It's the digital age, and the future is NOW. We don't have flying cars (yet), but we do have most, if not all, of our personal data, financial information, and best Instagram photos online. Unfortunately, this has made the masses easy targets for hackers and digital thieves. This list of the worst consumer security breaches shows just how vulnerable our information is...and how little privacy we have.
It seems like once a week another retail chain announces a security hack, with data compromised over months or even years. Websites and information we thought were secure online clearly aren't, and in the wake of data breaches at stores like TJ Maxx and Michaels, how are consumers supposed to feel safe shopping for essential scrapbooking supplies and saving big on designer brands?!
The massive, famous security breaches on this list have affected millions of users, account holders, and consumers worldwide. Some companies respond instantly and effectively, while others simply shrug their shoulders, throw you some credit monitoring services and cross their fingers that it won't happen again.So get ready to change those passwords, order a new credit card, or return to the age of keeping wads of cash stuffed in your mattress. The Internet has connected us all, hackers included. Read up on the worst consumer security breaches and data hacks below and try your best to sleep tonight.
2018 - MyFitnessPal Hack
The Breach: In late March 2018, Under Armour announced their popular app MyFitnessPal had been hacked. Hackers gained access to usernames, e-mails, and passwords. However, the company remains unsure as to whether information like food and exercise logs were also compromised.
The Aftermath: Under Armour quickly alerted the authorities and advised users to change their passwords immediately and watch for suspicious activity on their accounts. They also warned users to refrain from opening new emails with links, as the hackers may attempt to use personal information in a phishing scam.
2018 - Atlanta Ransomware Attack
The Breach: On March 20, 2018, the hacking crew SamSam struck the city of Atlanta with a ransomware attack. Ransomware is a malware that encrypts computer files and then puts a message on screen demanding the users pay a specific sum of money by a certain date. If the money is not paid in time, the files are permanently lost. SamSam locked various government computer networks tied to vital aspects of city operations, leaving citizens unable to do basic tasks like pay bills online or report things like graffiti and potholes. Wi-fi was also inaccessible from Atlanta airports. SamSam demanded $51,000 in payment.

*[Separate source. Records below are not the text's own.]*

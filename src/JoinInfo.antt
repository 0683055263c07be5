-- ===== src/JoinInfo.antt =====
-- floem/join_handling.py, `annotate_join_info` and `clean_minimal_join_info`: which instances are join
-- instances, which output ports are saved for them, and what `annotate_for_instance` notes for each.
pub mod Scans
pub mod Near
pub mod Found
mod Samples
unfoldable pub use Scans.*
use Prim.Native.Nat.{◌/◌, ◌%◌}
use Prim.Native.String.{slice, ◌++◌ as joined}
use floem.Prelude.{
  ℕ, zero, suc, String, Bool, true, false, not, ◌&&◌, Option, none, some, List, [], ◌∷◌, ◌++◌, ◌==◌,
  Equality, String_equality, ×_equality, if◌then◌else◌, Result, ok, err, ◌>>=◌, ◌>>◌, Dict, get,
  put, has, keys, values, map, contains, length, filter, ltb, nat_eq,
}
use floem.Topo.{TopoError, order_function_calls}
use floem.Graph.{
  GraphError, value_error, assertion, Port, Special, State, Node, Graph, no_init, lookup,
  port_names,
}
use floem.Graph.Build.{check, option_text_eq, add_state}
use floem.Graph.Connect.{set_instance}
use floem.Graph.Walk.{find_roots}
use floem.Joins.{
  JoinError, Answer, Marks, cover_roots, dominant_nodes, passing_nodes, annotate_for_instance,
}
use floem.Program.{is_plain}

-- `"%d" % n`. The first number bounds the digits.
unfoldable pub digit : ℕ → String
digit n = slice "0123456789" n (suc n)

unfoldable pub number : ℕ → ℕ → String
unfolding digit
number zero n = digit n
number (suc fuel) n =
    let rest = number fuel (n / 10) in if ltb n 10 then digit n else joined rest (digit (n % 10))

-- `content` of the join buffer: a field for each argument of each port.
unfoldable pub buffer_fields : String → ℕ → List String → String
unfolding number
buffer_fields name k [] = ""
buffer_fields name k (t ∷ l) = joined t (
    joined " " (
      joined name
        (joined "_arg" (joined (number k k) (joined "; " (buffer_fields name (suc k) l))))))

unfoldable pub buffer_content : List Port → String
unfolding buffer_fields
buffer_content [] = ""
buffer_content (p ∷ l) = joined (buffer_fields p.name 0 p.argtypes) (buffer_content l)

-- `get_join_buffer_name`
unfoldable pub get_join_buffer_name : String → String
get_join_buffer_name name = joined "_" (joined name "_join_buffer")

-- `dominants` and `passing_nodes` of a join instance, which `annotate_for_instance` sets without
-- `detail`.
pub record Minimal : Type 0 where
  pub dominants : List String
  pub passing : List String

unfoldable pub annotate_minimal :
    ℕ
    → Graph
    → Node
    → List String
    → Result JoinError (Minimal × List (String × List (String × String)))
unfolding cover_roots dominant_nodes passing_nodes
annotate_minimal fuel g i roots = do
  s ←
      cover_roots fuel g i.name (length i.element.inports) roots
        (record { answer = []; orders = [] })
  ok (record { dominants = dominant_nodes s.answer; passing = passing_nodes s.answer }, s.orders)

-- What the pass writes: the graph, `join_output2save`, the marks or the dominants for each join
-- instance, and `join_partial_order` of each instance.
pub record Annotated : Type 0 where
  pub info : Info
  pub marks : Dict Marks
  pub minimal : Dict Minimal
  pub pairs : List (String × List (String × String))
  pub orders : Dict (List String)

unfoldable pub add_buffer : Graph → Node → List Port → Result GraphError Graph
unfolding add_state buffer_content get_join_buffer_name
add_buffer g i ports = do
  (new, h) ← add_state g (record {
    name = get_join_buffer_name i.name;
    content = some (buffer_content ports);
    init = no_init;
    processes = [];
  })
  ok h

-- The body of the second loop, for a join instance.
unfoldable pub annotate_join :
    ℕ → Bool → List String → Annotated → Node → List Port → Result InfoError Annotated
unfolding annotate_for_instance annotate_minimal add_buffer of_join of_graph
annotate_join fuel true roots s i ports = do
  m ← of_join (annotate_for_instance fuel s.info.graph i roots)
  h ← of_graph (add_buffer s.info.graph i ports)
  ok (record s {
    info = record s.info { graph = h };
    marks = put s.marks i.name m;
    pairs = s.pairs ++ m.orders;
  })
annotate_join fuel false roots s i ports = do
  (m, o) ← of_join (annotate_minimal fuel s.info.graph i roots)
  ok (record s { minimal = put s.minimal i.name m; pairs = s.pairs ++ o })

-- The second loop, and its test.
unfoldable pub annotate_if_join :
    ℕ → Bool → List String → Annotated → Node → Option (List Port) → Result InfoError Annotated
unfolding annotate_join
annotate_if_join fuel detail roots s i none = ok s
annotate_if_join fuel detail roots s i (some ports) =
    if ltb 0 (length ports) then annotate_join fuel detail roots s i ports else ok s

unfoldable pub annotate_joins :
    ℕ → Bool → List String → Annotated → List Node → Result InfoError Annotated
unfolding annotate_if_join
annotate_joins fuel detail roots s [] = ok s
annotate_joins fuel detail roots s (i ∷ l) = do
  t ← annotate_if_join fuel detail roots s i i.join_ports_same_thread
  annotate_joins fuel detail roots t l

-- What was appended to an instance's `join_partial_order`.
unfoldable pub pairs_of : List (String × List (String × String)) → String → List (String × String)
pairs_of [] n = []
pairs_of ((m, l) ∷ k) n = if m == n then l ++ pairs_of k n else pairs_of k n

-- The last loop.
unfoldable pub order_calls :
    List (String × List (String × String)) → List Node → Result InfoError (Dict (List String))
unfolding order_function_calls pairs_of of_topo port_names
order_calls pairs [] = ok []
order_calls pairs (i ∷ l) = do
  o ← of_topo (order_function_calls (pairs_of pairs i.name) (port_names i.element.outports))
  r ← order_calls pairs l
  ok ((i.name, o) ∷ r)

-- `annotate_join_info`. The last argument is what an earlier call has appended to the lists
-- `join_partial_order`, which nothing clears.
unfoldable pub annotate_join_info :
    ℕ → Bool → Graph → List (String × List (String × String)) → Result InfoError Annotated
unfolding find_joins annotate_joins order_calls find_roots values of_graph
annotate_join_info fuel detail g earlier = do
  r ← of_graph (find_joins (record { graph = g; output2save = [] }) g.instances)
  s ←
      annotate_joins fuel detail (find_roots g)
        (record { info = r; marks = []; minimal = []; pairs = earlier; orders = [] })
        (values r.graph.instances)
  o ← (if detail then order_calls s.pairs (values s.info.graph.instances) else ok [])
  ok (record s { orders = o })

-- `clean_minimal_join_info`
unfoldable pub clean_nodes : Dict Node → Dict Node
clean_nodes [] = []
clean_nodes ((k, i) ∷ d) = (k, record i { join_ports_same_thread = none }) ∷ clean_nodes d

unfoldable pub clean_minimal_join_info : Graph → Graph
unfolding clean_nodes
clean_minimal_join_info g = record g { instances = clean_nodes g.instances }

The Aftermath: By the end of March, the hack was largely under control and citizens could resume normal online activities, but security workers were still trying to secure some of the city's systems. The mayor did not disclose whether the city intended to pay the ransom. While the SamSam hackers remain at large, the Atlanta hack revealed a pattern. The group seems to strike on the 20th of any given month. This could potentially be a major breakthrough in terms of eventually finding the hackers and preventing further breaches.
2018 - Meltdown And Spectre CPU Security Flaw
The Breach: In January 2018, Google researchers discovered major security risks involving speculative execution. Speculative execution is the technical term for tasks performed by a computer's central processing unit (CPU) that essentially prevent delays and help the computer run smoothly. The malicious programs discovered by Google were dubbed Meltdown and Spectre, which could potentially allow hackers to access sensitive personal information (such as credit card numbers, private emails, and passwords) from a person's computer. Virtually every device created in recent history - from mobile phones to laptops - is vulnerable to the hack.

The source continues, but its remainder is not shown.